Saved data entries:
============

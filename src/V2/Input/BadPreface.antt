-- ===== src/V2/Input/BadPreface.antt =====
-- source/v2/engine.cpp: `input_end` of a server whose client sent no valid preface.
use stunning_waddle.Base.{
  ℕ, zero, suc, ◌≤◌, ◌≡◌, refl, sym, ap, ◌∙◌, ◌<◌, All, Option, none, append-nil, le→leb, true,
  false, List, [], ◌∷◌, ◌++◌, append_assoc, some, Bytes, length, length-append, take, arith, leb,
  str_eq,
}
use stunning_waddle.ErrorCodes.{protocol_error}
use stunning_waddle.Event.{Event, error_of, connection_error, http_error}
use stunning_waddle.V2.State.{Engine, awaiting_preface, queue_event}
use stunning_waddle.V2.Send.{preface}
use stunning_waddle.V2.Receive.{Run, running, thrown}
use stunning_waddle.V2.Input.{
  try_consume_client_preface, await_preface, is_awaiting_preface, input_end,
}

-- The buffer begins with bytes that are not the preface.
pub record IsBad (buffer : Bytes) : Type 0 where
  pub enough : length preface ≤ length buffer
  pub differs : str_eq (take (length preface) buffer) preface ≡ false

take-more : (n : ℕ) (a b : Bytes) → n ≤ length a → take n (a ++ b) ≡ take n a
take-more zero a b h = refl
take-more (suc n) [] b h = absurd (omega arith)
take-more (suc n) (x ∷ a) b h = ap (λ l. x ∷ l) (take-more n a b (omega arith))

append-IsBad : (buffer bytes : Bytes) → IsBad buffer → IsBad (buffer ++ bytes)
append-IsBad buffer bytes w = record {
  enough = omega (arith, w.enough, length-append buffer bytes);
  differs =
      ap (λ l. str_eq l preface) (take-more (length preface) buffer bytes w.enough) ∙ w.differs;
}

abbrev pub refusal : Event
refusal = error_of 0 connection_error (http_error protocol_error)

input_end-awaiting :
    (s : Engine) (b : ℕ) (bytes : Bytes)
    → s.state ≡ awaiting_preface
    → input_end s (b ∷ bytes)
      ≡ await_preface (record s { input_buffer = s.input_buffer ++ (b ∷ bytes) })
unfolding input_end
input_end-awaiting s b bytes w = rw (waits, input_end) refl
  where
    waits : is_awaiting_preface s.state ≡ true
    waits = rw w refl

await_preface-refused :
    (e : Engine) → IsBad e.input_buffer → await_preface e ≡ some (running (queue_event e refusal))
unfolding await_preface try_consume_client_preface
await_preface-refused e bad = rw (enough, bad.differs, await_preface) refl
  where
    enough : leb (length preface) (length e.input_buffer) ≡ true
    enough = le→leb _ _ bad.enough

-- Inputs one after the other, as long as none throws.
abbrev pub feed : Engine → List Bytes → Option Run
feed s [] = some (running s)
feed s (bytes ∷ inputs) = elim (input_end s bytes) [
  | none ↦ none
  | some (running s') ↦ feed s' inputs
  | some (thrown error s') ↦ some (thrown error s')
]

abbrev pub refusals : List Bytes → List Event
refusals [] = []
refusals (bytes ∷ inputs) = refusal ∷ refusals inputs

abbrev pub all_bytes : List Bytes → Bytes
all_bytes [] = []
all_bytes (bytes ∷ inputs) = bytes ++ all_bytes inputs

-- Once a server has got bytes that are not the client preface, it never reads a frame: however
-- inputs that are not empty go on, each queues another `connection_error` and is kept in the buffer,
-- and nothing else changes.
pub feed-IsBad :
    (inputs : List Bytes) (s : Engine)
    → s.state ≡ awaiting_preface
    → IsBad s.input_buffer
    → All (λ bytes. 0 < length bytes) inputs
    → feed s inputs
      ≡ some (
          running (record s {
            input_buffer = s.input_buffer ++ all_bytes inputs;
            event_queue = s.event_queue ++ refusals inputs;
          }))
unfolding queue_event
feed-IsBad [] s w bad h =
    ap
      (λ (r : Bytes × List Event).
        some (running (record s { input_buffer = r.0; event_queue = r.1 })))
      (λ i. (sym (append-nil s.input_buffer) i, sym (append-nil s.event_queue) i))
feed-IsBad ([] ∷ inputs) s w bad (h, hs) = absurd (omega arith)
feed-IsBad ((b ∷ bytes) ∷ inputs) s w bad (h, hs) =
    let s1 : Engine = record s { input_buffer = s.input_buffer ++ (b ∷ bytes) } in
    let bad1 = append-IsBad s.input_buffer (b ∷ bytes) bad in
    rw (input_end-awaiting s b bytes w ∙ await_preface-refused s1 bad1, feed)
      (feed-IsBad inputs (queue_event s1 refusal) w bad1 hs
        ∙ ap
            (λ (r : Bytes × List Event).
              some (running (record s { input_buffer = r.0; event_queue = r.1 })))
            (λ i. (
              append_assoc s.input_buffer (b ∷ bytes) (all_bytes inputs) i,
              append_assoc s.event_queue (refusal ∷ []) (refusals inputs) i,
            )))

============

# TASK INSTRUCTIONS:
Once the line with "abbrev pub all_bytes : List Bytes → Bytes" is found in the records above, print exactly that line and every line after it through the line with "(inputs : List Bytes) (s : Engine)".

# EXERCISE OUTPUT:
abbrev pub all_bytes : List Bytes → Bytes
all_bytes [] = []
all_bytes (bytes ∷ inputs) = bytes ++ all_bytes inputs

-- Once a server has got bytes that are not the client preface, it never reads a frame: however
-- inputs that are not empty go on, each queues another `connection_error` and is kept in the buffer,
-- and nothing else changes.
pub feed-IsBad :
    (inputs : List Bytes) (s : Engine)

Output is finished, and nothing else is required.